WHAT NEEDS TO BE DONE » Write down exactly the lines of the listing below, beginning with the one containing "map_region desc entry" and closing with the final line.

═══ EXTRACTED DATA

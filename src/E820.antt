-- ===== src/E820.antt =====
-- The readers of the firmware's memory map in memory/memory.c, and the mapping of its regions in
-- memory/paging/paging.c. The map is a table of entries with its length, of 16 bits.
pub mod Largest
mod Tests
use peach_os64bit_module_two.Common.{
  ℕ, zero, suc, ◌+◌, ◌*◌, Bool, true, false, not, Option, none, some, ltb, leb, ◌==◌, if◌then◌else◌,
  add64,
}
use peach_os64bit_module_two.Paging.{
  Desc, paging_map_to, paging_is_aligned, paging_align_address, paging_align_to_lower_page,
}

-- `struct e820_entry`
pub record Region : Type 0 where
  pub base_addr : ℕ
  pub length : ℕ
  pub type : ℕ
  pub extended_attr : ℕ

-- The table at PEACHOS_MEMORY_MAP_LOCATION, and `e820_total_entries`.
pub record MemoryMap : Type 0 where
  pub entries : ℕ → Region
  pub total_entries : ℕ

-- `e820_entry`
unfoldable pub e820_entry : MemoryMap → ℕ → Option Region
e820_entry map index = if leb map.total_entries index then none else some (map.entries index)

-- One round of `e820_largest_free_entry`, at entry `i`; the entry chosen is its index.
unfoldable pub choose : MemoryMap → ℕ → Option ℕ → Option ℕ
choose map i none = if (map.entries i).type == 1 then some i else none
choose map i (some c) =
    if (map.entries i).type == 1
    then (if ltb (map.entries c).length (map.entries i).length then some i else some c)
    else some c

-- Its loop: `rounds` more entries from `i` on.
unfoldable pub largest_loop : ℕ → MemoryMap → ℕ → Option ℕ → Option ℕ
largest_loop zero map i chosen = chosen
largest_loop (suc rounds) map i chosen = largest_loop rounds map (i + 1) (choose map i chosen)

-- `e820_largest_free_entry`
unfoldable pub e820_largest_free_entry : MemoryMap → Option ℕ
e820_largest_free_entry map = largest_loop map.total_entries map 0 none

-- The loop of `e820_total_accessible_memory`.
unfoldable pub accessible_loop : ℕ → MemoryMap → ℕ → ℕ → ℕ
accessible_loop zero map i total = total
accessible_loop (suc rounds) map i total =
    accessible_loop rounds map (i + 1)
      (if (map.entries i).type == 1 then add64 total (map.entries i).length else total)

-- `e820_total_accessible_memory`
unfoldable pub e820_total_accessible_memory : MemoryMap → ℕ
e820_total_accessible_memory map = accessible_loop map.total_entries map 0 0

module _ (kzalloc : ℕ → ℕ) where
  -- One usable region mapped to itself, its ends brought to pages; the flags are writeable and
  -- present.
  unfoldable pub map_region : Desc → Region → Desc
  map_region desc entry =
      if entry.type == 1
      then (let base = entry.base_addr in
          let last = add64 entry.base_addr entry.length in
          let base_addr =
            if not (paging_is_aligned base) then paging_align_address base else base in
          let end_addr =
            if not (paging_is_aligned last) then paging_align_to_lower_page last else last in
          (paging_map_to kzalloc desc base_addr base_addr end_addr 3).1)
      else desc

  unfoldable pub regions_loop : ℕ → MemoryMap → ℕ → Desc → Desc
  regions_loop zero map i desc = desc
  regions_loop (suc rounds) map i desc =
      regions_loop rounds map (i + 1) (map_region desc (map.entries i))

  -- `paging_map_e820_memory_regions`
  unfoldable pub paging_map_e820_memory_regions : MemoryMap → Desc → Desc
  paging_map_e820_memory_regions map desc =
      regions_loop map.total_entries map 0 (paging_map_to kzalloc desc 0 0 0x100000 3).1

══════

TASK RESULT »
  map_region desc entry =
      if entry.type == 1
      then (let base = entry.base_addr in
          let last = add64 entry.base_addr entry.length in
          let base_addr =
            if not (paging_is_aligned base) then paging_align_address base else base in
          let end_addr =
            if not (paging_is_aligned last) then paging_align_to_lower_page last else last in
          (paging_map_to kzalloc desc base_addr base_addr end_addr 3).1)
      else desc

  unfoldable pub regions_loop : ℕ → MemoryMap → ℕ → Desc → Desc
  regions_loop zero map i desc = desc
  regions_loop (suc rounds) map i desc =
      regions_loop rounds map (i + 1) (map_region desc (map.entries i))

  -- `paging_map_e820_memory_regions`
  unfoldable pub paging_map_e820_memory_regions : MemoryMap → Desc → Desc
  paging_map_e820_memory_regions map desc =
      regions_loop map.total_entries map 0 (paging_map_to kzalloc desc 0 0 0x100000 3).1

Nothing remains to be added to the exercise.